- SOS Kolkata Movie Poster
- Directed by: Anshuman Pratyush
- Written by: Anshuman Pratyush
- Produced by: Anshuman Pratyush Ena Saha Banani Saha
- Starring: Yash Dasgupta Mimi Chakraborty Nusrat Jahan Ena Saha
- Cinematography: Ramyadip Saha
- Edited by: Md. Kalam
- Music by: Nabarun Bose
- Production companies: Jarek Entertainment Pratyush Production
- Distributed by: Zee5
- Release date: 21 October 2020;
- Country: India
- Language: Bengali

= SOS Kolkata =

2020 Indian Bengali action-thriller film

SOS Kolkata is a 2020 Indian Bengali-language action thriller film written and directed by Anshuman Pratyush and produced by Jarek Entertainment and Pratyush Production. The film starring Yash Dasgupta, Mimi Chakraborty, Nusrat Jahan and Sabyasachi Chakraborty is about a suspected terrorist attack and how the army, police and the common people come together to save lives and work against wrongdoings. The filming resumed on 6 July 2020, after lockdown due to the pandemic.

The film was released in theatres on 21 October 2020, coinciding with Puja holidays. The production of the film was delayed due to the COVID-19 pandemic. It got mixed reviews, but with properness, it is being negatively reviewed.

==Synopsis==
Half a dozen jihadis, led by terrorist Aftab Ansari(Amin Gazi), have entered Kolkata to avenge the Mumbai attacks. Aftab has a personal grudge against Special Task Force leader Zakir Ahmed (Yash Dasgupta). Aftab masterminds a series of attacks in Kolkata, ending in a hostage situation in the premises of a 5-star hotel, JW Marriott. Zakir Ahmed, who had lost his wife, Sanjana (Mimi Chakraborty), in an attack by Aftab, is on the scene with ATS technical head Amanda Jones (Nusrat Jahan) to conduct a rescue operation and arrest the jihadis.

==Cast==
- Yash Dasgupta as ATS officer Zakir Ahmed
- Mimi Chakraborty as Sanjana, Zakir's wife
- Nusrat Jahan as ATS officer and Zakir's colleague Amanda Jones
- Amin Gazi as Aftab Ansari, a terrorist
- Ena Saha as Angel D'Souza, manager of Chariott Hotel
- Sabyasachi Chakraborty as Raghav Sen, Senior Security Advisor and ISI agent
- Shantilal Mukherjee as retired army general Matthew Henriques
- Rupa Bhattacharya as IPS Nandita Roy
- Sudip Mukherjee as ATS chief

==Promotion and release==
The promotional campaign was launched on 2 October 2020, with the unlock guidelines for the opening of theatres set in by MOH, the film promotion started with the release of a teaser.

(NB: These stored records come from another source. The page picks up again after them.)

-- ===== src/Vocab/Ztm.antt =====
-- `write_ztm` of bench/convert_tm_to_ztm.py: the bytes of a `.ztm` file of version 3.
use ztok.Common.{
  concat, ℕ, ◌+◌, ◌%◌, Bool, not, List, [], ◌∷◌, ◌++◌, Result, ok, system_exit, ltb, ◌==◌,
  if◌then◌else◌, length, sum_by, filter, map, map_result, raise_if, ◌>>=◌, ◌>>◌, take, max, min,
  ◌&&◌, zero, suc,
}
use ztok.Vocab.Wire.{Bytes, pack_u32}

-- An entry of `per_twin_alts`; an alternative is an id with its length in bytes.
pub record Twin : Type 0 where
  pub key : Bytes
  pub id : ℕ
  pub alts : List (ℕ × ℕ)

-- `max((len(t) for t in tokens), default=0)`
unfoldable pub longest : List Bytes → ℕ
longest [] = 0
longest (t ∷ ts) = max (length t) (longest ts)

-- The first single-byte token, or 0, counting from `i`.
unfoldable pub first_single : ℕ → List Bytes → ℕ
first_single i [] = 0
first_single i (t ∷ ts) = if length t == 1 then i else first_single (suc i) ts

unfoldable pub written_unk : List Bytes → ℕ → ℕ
unfolding first_single
written_unk tokens unk_id = if ltb unk_id (length tokens) then unk_id else first_single 0 tokens

unfoldable pub max_token_length : List Bytes → List (ℕ × Bytes) → List Twin → ℕ
unfolding longest
max_token_length tokens aliases twins =
    let max_len_u8 = min (max (longest tokens) (longest (map (λ a. a.1) aliases))) 255 in
    let twin_max = longest (map (λ t. t.key) twins) in
    if ltb max_len_u8 twin_max then min twin_max 255 else max_len_u8

unfoldable pub offsets : ℕ → List Bytes → Result Bytes
unfolding pack_u32
offsets acc [] = ok []
offsets acc (t ∷ ts) = pack_u32 (acc + length t) >>= λ packed.
    offsets (acc + length t) ts >>= λ more. ok (packed ++ more)

unfoldable pub zeros : ℕ → Bytes
zeros zero = []
zeros (suc n) = 0 ∷ zeros n

unfoldable pub nonempty : Bytes → Bool
nonempty bytes = ltb 0 (length bytes)

unfoldable pub valid_aliases : List (ℕ × Bytes) → List (ℕ × Bytes)
unfolding nonempty filter
valid_aliases aliases = filter (λ a. nonempty a.1) aliases

unfoldable pub alias_record : ℕ → ℕ × Bytes → Result Bytes
unfolding pack_u32
alias_record count (aid, ab) =
    raise_if (not (ltb aid count)) (system_exit "alias id out of bounds")
    >> (raise_if (ltb 4294967295 (length ab)) (system_exit "alias bytes length exceeds u32 max")
        >> (pack_u32 aid >>= λ packed_id.
            pack_u32 (length ab) >>= λ packed_len. ok (packed_id ++ packed_len ++ ab)))

unfoldable pub alias_section : ℕ → List (ℕ × Bytes) → Result Bytes
unfolding pack_u32 valid_aliases alias_record map_result
alias_section count aliases = pack_u32 (length (valid_aliases aliases)) >>= λ packed_count.
    map_result (alias_record count) (valid_aliases aliases) >>= λ records.
    ok (packed_count ++ concat records)

unfoldable pub valid_twins : List Twin → List Twin
unfolding nonempty filter
valid_twins twins = filter (λ t. nonempty t.key && ltb 0 (length t.alts)) twins

unfoldable pub alt_record : ℕ → ℕ × ℕ → Result Bytes
unfolding pack_u32
alt_record count (alt_id, alt_len) =
    raise_if (not (ltb alt_id count)) (system_exit "twin alt id out of bounds")
    >> (pack_u32 alt_id >>= λ packed_id.
        pack_u32 alt_len >>= λ packed_len. ok (packed_id ++ packed_len))

unfoldable pub twin_record : ℕ → Twin → Result Bytes
unfolding pack_u32 alt_record map_result
twin_record count t =
    raise_if (not (ltb t.id count)) (system_exit "twin id out of bounds")
    >> (pack_u32 t.id >>= λ packed_id. pack_u32 (length t.key) >>= λ packed_len.
        map_result (alt_record count) (take 2 t.alts) >>= λ alts.
        ok (packed_id ++ packed_len ++ t.key ++ length (take 2 t.alts) ∷ concat alts))

unfoldable pub twin_section : ℕ → List Twin → Result Bytes
unfolding pack_u32 valid_twins twin_record map_result
twin_section count twins = pack_u32 (length (valid_twins twins)) >>= λ packed_count.
    map_result (twin_record count) (valid_twins twins) >>= λ records.
    ok (packed_count ++ concat records)

-- What stands before the token bytes, the three counts packed.
abbrev pub header : ℕ → ℕ → ℕ → Bytes → Bytes
header capcode max_len norm_flag counts =
    90 ∷ 84 ∷ 77 ∷ 3 ∷ 3 ∷ capcode % 256 ∷ max_len ∷ norm_flag % 256 ∷ counts

-- The file's content.
unfoldable pub write_ztm : List Bytes → ℕ → ℕ → ℕ → List (ℕ × Bytes) → List Twin → Result Bytes
unfolding pack_u32 sum_by written_unk max_token_length offsets zeros alias_section twin_section
write_ztm tokens unk_id capcode norm_flag aliases twins =
    let count = length tokens in
    let bytes_total = sum_by length tokens in
    raise_if (ltb 4294967295 bytes_total) (system_exit "token bytes total exceeds u32 max")
    >> (pack_u32 count >>= λ packed_count. pack_u32 (written_unk tokens unk_id) >>= λ packed_unk.
        pack_u32 bytes_total >>= λ packed_total. pack_u32 0 >>= λ first.
        offsets 0 tokens >>= λ later. alias_section count aliases >>= λ alias_part.
        twin_section count twins >>= λ twin_part. ok (
          header capcode (max_token_length tokens aliases twins) norm_flag (
            packed_count
            ++ packed_unk
            ++ packed_total
            ++ (concat tokens ++ (first ++ later ++ (zeros count ++ (alias_part ++ twin_part)))))))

The film is scheduled to be released in theatres on 21 October 2020, coinciding with Puja holidays.

==Soundtrack==

The soundtrack of the film is composed by Savvy - Pratik Kundu and lyrics by
Pratik Kundu and Ritam. The song "Thik Bhul Bhule Aam" from soundtrack is melodious. Anwesha Dutta Gupta's rendition of the song on composition by Savvy and Pratik Kundu is soulful.

Track listing
| No. | Title | Lyrics | Music | Singer(s) | Length |
|---|---|---|---|---|---|
| 1. | "Thik Bhul Bhule Aam" | Pratik Kundu | Savvy - Pratik Kundu | Anwesha Dutta Gupta, Pratik Kundu | 3:22 |
| 2. | "Raagi Raja" | Ritam Sen | Savvy | Oindrila Sanyal, Nikhita Gandhi, Dev Arijit | 3:21 |
| 3. | "Har Manbo Na" | Pratik Kundu | Pratik Kundu | Farhad Bhiwandiwala, Arpita Das, Pratik Kundu | 3:34 |
| Total length: |  |  |  |  | 10:17 |

==Reception==
===Critical response===

Upam Buzarbaruah, writing for The Times of India gave three stars out of five and termed it as "An unimpressive combination of action and drama." Buzarbaruah opined that in spite of the weak script team SOS Kolkata has put up a decent show. He praised acting, music and the special effects, but was critical that research and character sketches were not given due importance. He concluded the review with the remark, "Overall, SOS Kolkata is a one-time watch at best."